*Task*: Entries follow. Give back exactly the lines starting at the one containing "wait_asked error w after" and ending at the one containing "let (len, offset)", and no other lines.

### Task material ###

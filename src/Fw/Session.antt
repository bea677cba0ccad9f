-- ===== src/Fw/Session.antt =====
-- A firmware upload from the first packet to the last (tf_fwio.c).
use libtopfield.Base.{
  ◌*◌, ℕ, zero, suc, ◌+◌, ◌-◌, ◌<◌, ◌≤◌, ◌≡◌, refl, ap, sym, ◌%◌, ◌∙◌, arith, true, false, ◌==◌,
  List, [], ◌∷◌, ◌++◌, Option, none, some, length, drop, min, ltb, length-append, append_assoc,
}
use libtopfield.Base.Int.{ℤ, pos}
use libtopfield.Bytes.{at, get_u16, get_u24, put_u16}
use libtopfield.Bytes.Arith.{IsBytes, get_u16_sum, get_u24_sum}
use libtopfield.Bytes.Codec.{get_u16-put_u16}
use libtopfield.Handle.{TfHandle, Usb, State, >>=-some}
use libtopfield.Fw.{
  fw_packet_size, max_data_size, max_send_size, fw_end, FwPacket, TfFwData, fw_req_init,
  fw_req_putdata, fw_req_done, summed_bytes, calc_checksum, fw_pad, send_rounds, fw_send,
  fw_get_response, tf_wait_for_req_data, tf_fw_upload, tf_fw_upload_next,
}
use libtopfield.Fw.Send.{length_field}
use libtopfield.Fw.Wire.{fw_req_done-wire_of, fw_pad-IsPadded, IsPadded-unique}
use libtopfield.Fw.Device.{
  Takes, TakesPacket, SendsPacket, asking, asked, piece, data_packet, Asks, Uploads, hello, Greets,
}

-- A packet on the wire, as `tf_get_response` takes it apart.
module _ (reply : FwPacket) (junk : List ℕ) (fits : length reply.payload ≤ max_data_size) where
  abbrev wire : List ℕ
  wire = fw_req_done reply ++ junk

  wire_field : get_u16 (drop 6 wire) ≡ length reply.payload
  unfolding fw_req_done summed_bytes
  wire_field =
      let sum = calc_checksum (summed_bytes reply) in
      let n = length reply.payload in
      ap (λ bytes. get_u16 (bytes ++ junk)) (append_assoc (put_u16 n) reply.payload (sum ∷ []))
      ∙ ap get_u16 (append_assoc (put_u16 n) (reply.payload ++ sum ∷ []) junk)
      ∙ get_u16-put_u16 n _ (omega (arith, fits))

  wire_payload : drop 8 wire ≡ reply.payload ++ (calc_checksum (summed_bytes reply) ∷ junk)
  unfolding fw_req_done summed_bytes put_u16
  wire_payload = append_assoc reply.payload (calc_checksum (summed_bytes reply) ∷ []) junk

  wire_head : (at wire 4 ≡ reply.seq) × (at wire 5 ≡ reply.cmd)
  unfolding fw_req_done summed_bytes
  wire_head = (refl, refl)

  wire_long : 9 + length reply.payload ≤ length wire
  unfolding fw_req_done summed_bytes put_u16
  wire_long = omega (
    arith,
    length-append (reply.payload ++ calc_checksum (summed_bytes reply) ∷ []) junk,
    length-append reply.payload (calc_checksum (summed_bytes reply) ∷ []),
  )

module _ {W : Type 0} (usb : Usb W) (h : TfHandle) (dev : h.dev ≡ true) where
  abbrev at_rest : ℤ → W → State W
  at_rest error w = record { tf = record h { error = error }; world = w }

  send_rounds-Takes :
      (fuel : ℕ) (w after : W) (bytes : List ℕ) (len : ℕ)
      → len < fuel
      → Takes usb h.timeout w bytes len after
      → send_rounds usb fuel bytes len (at_rest (pos 0) w) ≡ some (pos 0, at_rest (pos 0) after)
  unfolding send_rounds
  send_rounds-Takes zero w after bytes len enough t = absurd (omega arith)
  send_rounds-Takes (suc fuel) w after bytes len enough (Takes.last _ _ _ _ small all) =
      let whole : min len max_send_size ≡ len = omega arith in ground (arith, whole, all)
  send_rounds-Takes (suc fuel) w after bytes len enough (Takes.more _ _ _ between _ large all t) =
      let part : min len max_send_size ≡ max_send_size = omega arith in
      let rest =
        send_rounds-Takes fuel between after (drop max_send_size bytes) (len - max_send_size)
          (omega arith) t in
      let left : (len - max_send_size == 0) ≡ false = ground (arith, large) in
      rw (part, all, left, send_rounds) rest

  fw_send-TakesPacket :
      (error : ℤ) (w after : W) (req : FwPacket)
      → length req.payload ≤ max_data_size
      → TakesPacket usb h.timeout w req after
      → fw_send usb (fw_req_done req) (at_rest error w) ≡ some (pos 0, at_rest (pos 0) after)
  unfolding fw_send
  fw_send-TakesPacket error w after req fits t =
      let len = 8 + length req.payload + 1 in
      let nine : 9 + length req.payload ≡ len = omega arith in
      let size : t.moved ≡ len + fw_pad len =
        IsPadded-unique len t.moved (len + fw_pad len) (rw nine at t.padded)
          (fw_pad-IsPadded len) in
      let bytes = sym (fw_req_done-wire_of req) in
      let takes : Takes usb h.timeout w (fw_req_done req) (len + fw_pad len) after =
        rw (bytes, size) at t.takes in
      let run =
        send_rounds-Takes (len + fw_pad len + 1) w after (fw_req_done req) (len + fw_pad len)
          (omega arith) takes in
      let first : fw_send usb (fw_req_done req) (at_rest error w)
          ≡ send_rounds usb (len + fw_pad len + 1) (fw_req_done req) (len + fw_pad len)
              (at_rest (pos 0) w) =
        rw (length_field req fits, dev, fw_send) refl in
      first ∙ run

  fw_get_response-SendsPacket :
      (error : ℤ) (w after : W) (reply : FwPacket) (junk : List ℕ)
      → length reply.payload ≤ max_data_size
      → SendsPacket usb h.timeout w reply junk after
      → fw_get_response usb (at_rest error w)
        ≡ some (
          (
            pos 0,
            record {
              seq = reply.seq;
              cmd = reply.cmd;
              payload = reply.payload ++ (calc_checksum (summed_bytes reply) ∷ junk);
            },
          ),
          at_rest (pos 0) after,
        )
  unfolding fw_get_response
  fw_get_response-SendsPacket error w after reply junk fits sends =
      let came : usb.bulk_read w 0x82 fw_packet_size h.timeout
          ≡ (pos (length (wire reply junk fits)), wire reply junk fits, after) =
        rw (fw_req_done-wire_of reply) sends in
      let field = wire_field reply junk fits in
      let payload = wire_payload reply junk fits in
      let head = wire_head reply junk fits in
      let long = wire_long reply junk fits in
      rw (dev, came, field, payload, head.0, head.1) (ground (arith, long))

  -- The length and the offset in the data of a reply.
  field_sums :
      (l1 l0 o2 o1 o0 : ℕ) (rest : List ℕ)
      → IsBytes (l1 ∷ l0 ∷ o2 ∷ o1 ∷ o0 ∷ [])
      → (get_u16 (l1 ∷ l0 ∷ o2 ∷ o1 ∷ o0 ∷ rest) ≡ l1 * 256 + l0)
        × (get_u24 (o2 ∷ o1 ∷ o0 ∷ rest) ≡ o2 * 65536 + o1 * 256 + o0)
  unfolding get_u16 get_u24
  field_sums l1 l0 o2 o1 o0 rest bytes = (
    get_u16_sum (l1 ∷ l0 ∷ []) (bytes.0, (bytes.1.0, tt)),
    get_u24_sum o2 o1 o0 (bytes.1.1.0) (bytes.1.1.1.0) (bytes.1.1.1.1.0),
  )

  wait_asked :
      (error : ℤ) (w after : W) (seq l1 l0 o2 o1 o0 : ℕ) (junk : List ℕ)
      → IsBytes (seq ∷ l1 ∷ l0 ∷ o2 ∷ o1 ∷ o0 ∷ [])
      → SendsPacket usb h.timeout w (asking seq l1 l0 o2 o1 o0) junk after
      → tf_wait_for_req_data usb (at_rest error w)
        ≡ some ((pos 0, some (asked seq l1 l0 o2 o1 o0)), at_rest (pos 0) after)
  unfolding tf_wait_for_req_data
  wait_asked error w after seq l1 l0 o2 o1 o0 junk bytes sends =
      let request = asking seq l1 l0 o2 o1 o0 in
      let behind = calc_checksum (summed_bytes request) ∷ junk in
      let (len, offset) = field_sums l1 l0 o2 o1 o0 behind (bytes.1) in
      >>=-some (fw_get_response usb) _ _
        (fw_get_response-SendsPacket error w after request junk (omega arith) sends)
      ∙ ap
          (λ (n, at).
            some
              ((pos 0, some (record { seq = seq; len = n; offset = at })), at_rest (pos 0) after))
          (λ i. (len i, offset i))

  wait_ended :
      (error : ℤ) (w after : W) (reply : FwPacket) (junk : List ℕ)
      → reply.cmd ≡ fw_end
      → length reply.payload ≤ max_data_size
      → SendsPacket usb h.timeout w reply junk after
      → tf_wait_for_req_data usb (at_rest error w) ≡ some ((pos 1, none), at_rest (pos 0) after)
  unfolding tf_wait_for_req_data
  wait_ended error w after reply junk is_end fits sends =
      >>=-some (fw_get_response usb) _ _
        (fw_get_response-SendsPacket error w after reply junk fits sends)
      ∙ ground (arith, is_end)

  -- What a call returns, and the calls that follow it.
  record Answers (image : List ℕ) (requests : List TfFwData)
      (r : Option ((ℤ × Option TfFwData) × State W)) : Type 0 where
    pub code : ℤ
    pub got : Option TfFwData
    pub after : State W
    pub returns : r ≡ some ((code, got), after)
    pub uploads : Uploads usb image code got after requests

  next_sends :
      (image : List ℕ) (wanted : TfFwData) (w after : W)
      → wanted.seq < 256
      → length (piece image wanted) ≤ max_data_size
      → TakesPacket usb h.timeout w (data_packet image wanted) after
      → tf_fw_upload_next usb (piece image wanted) wanted (at_rest (pos 0) w)
        ≡ tf_wait_for_req_data usb (at_rest (pos 0) after)
  unfolding tf_fw_upload_next fw_req_init fw_req_putdata
  next_sends image wanted w after byte fits takes =
      let room : ltb max_data_size (length (piece image wanted)) ≡ false = ground (arith, fits) in
      let same : wanted.seq % 256 ≡ wanted.seq = omega (arith, byte) in
      let sent = fw_send-TakesPacket (pos 0) w after (data_packet image wanted) fits takes in
      rw (room, same) (>>=-some (fw_send usb (fw_req_done (data_packet image wanted))) _ _ sent)

  wait-Answers :
      (image : List ℕ) (w : W) (requests : List TfFwData)
      → Asks usb h.timeout image w requests
      → (error : ℤ) → Answers image requests (tf_wait_for_req_data usb (at_rest error w))
  wait-Answers image w _ (Asks.ends _ after reply junk is_end fits sends) error = record {
    code = pos 1;
    got = none;
    after = at_rest (pos 0) after;
    returns = wait_ended error w after reply junk is_end fits sends;
    uploads = Uploads.finished _;
  }
  wait-Answers image w _
        (Asks.asks _ between after seq l1 l0 o2 o1 o0 junk rest bytes fits sends takes goes_on)
        error =
      let wanted = asked seq l1 l0 o2 o1 o0 in
      let later = wait-Answers image after rest goes_on (pos 0) in
      record {
        code = pos 0;
        got = some wanted;
        after = at_rest (pos 0) between;
        returns = wait_asked error w between seq l1 l0 o2 o1 o0 junk bytes sends;
        uploads =
            Uploads.next (at_rest (pos 0) between) later.after wanted later.code later.got rest
              (next_sends image wanted between after (bytes.0) fits takes ∙ later.returns)
              later.uploads;
      }

-- An upload of an image: what `tf_fw_upload` returns, and the calls that follow it.
pub record Installs {W : Type 0} (usb : Usb W) (image : List ℕ) (s : State W)
    (requests : List TfFwData) : Type 0 where
  pub code : ℤ
  pub got : Option TfFwData
  pub after : State W
  pub returns : tf_fw_upload usb s ≡ some ((code, got), after)
  pub uploads : Uploads usb image code got after requests

-- Over a device that sends its ID, asks for pieces of an image, each once it has the one before, and
-- then sends END, an upload succeeds: `tf_fw_upload` and the calls of `tf_fw_upload_next` return 0
-- and the requests of the device, in order and with their numbers, and the last call returns 1. The
-- device gets each piece in a DATA packet with the sequence number of its request. Conditions: a
-- connected handle, requests that are made of bytes, and none for more than 0x8000 of the image.
pub tf_fw_upload-Installs :
    {W : Type 0} (usb : Usb W) (s : State W) (image : List ℕ) (w : W) (requests : List TfFwData)
    → s.tf.dev ≡ true
    → Greets usb s.tf.timeout s.world w
    → Asks usb s.tf.timeout image w requests
    → Installs usb image s requests
unfolding tf_fw_upload fw_req_init
tf_fw_upload-Installs usb s image w requests dev greets stream =
    let size : length hello.payload ≤ max_data_size = omega arith in
    let sent =
      fw_send-TakesPacket usb s.tf dev s.tf.error s.world greets.between hello size greets.takes in
    let heard =
      fw_get_response-SendsPacket usb s.tf dev (pos 0) greets.between w greets.reply greets.junk
        greets.fits greets.sends in
    let answers = wait-Answers usb s.tf dev image w requests stream (pos 0) in
    let id = greets.is_id in
    record {
      code = answers.code;
      got = answers.got;
      after = answers.after;
      returns =
          >>=-some (fw_send usb (fw_req_done hello)) _ _ sent
          ∙ >>=-some (fw_get_response usb) _ _ heard
          ∙ ground (arith, id, answers.returns);
      uploads = answers.uploads;
    }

###

*Written solution*:
  wait_asked error w after seq l1 l0 o2 o1 o0 junk bytes sends =
      let request = asking seq l1 l0 o2 o1 o0 in
      let behind = calc_checksum (summed_bytes request) ∷ junk in
      let (len, offset) = field_sums l1 l0 o2 o1 o0 behind (bytes.1) in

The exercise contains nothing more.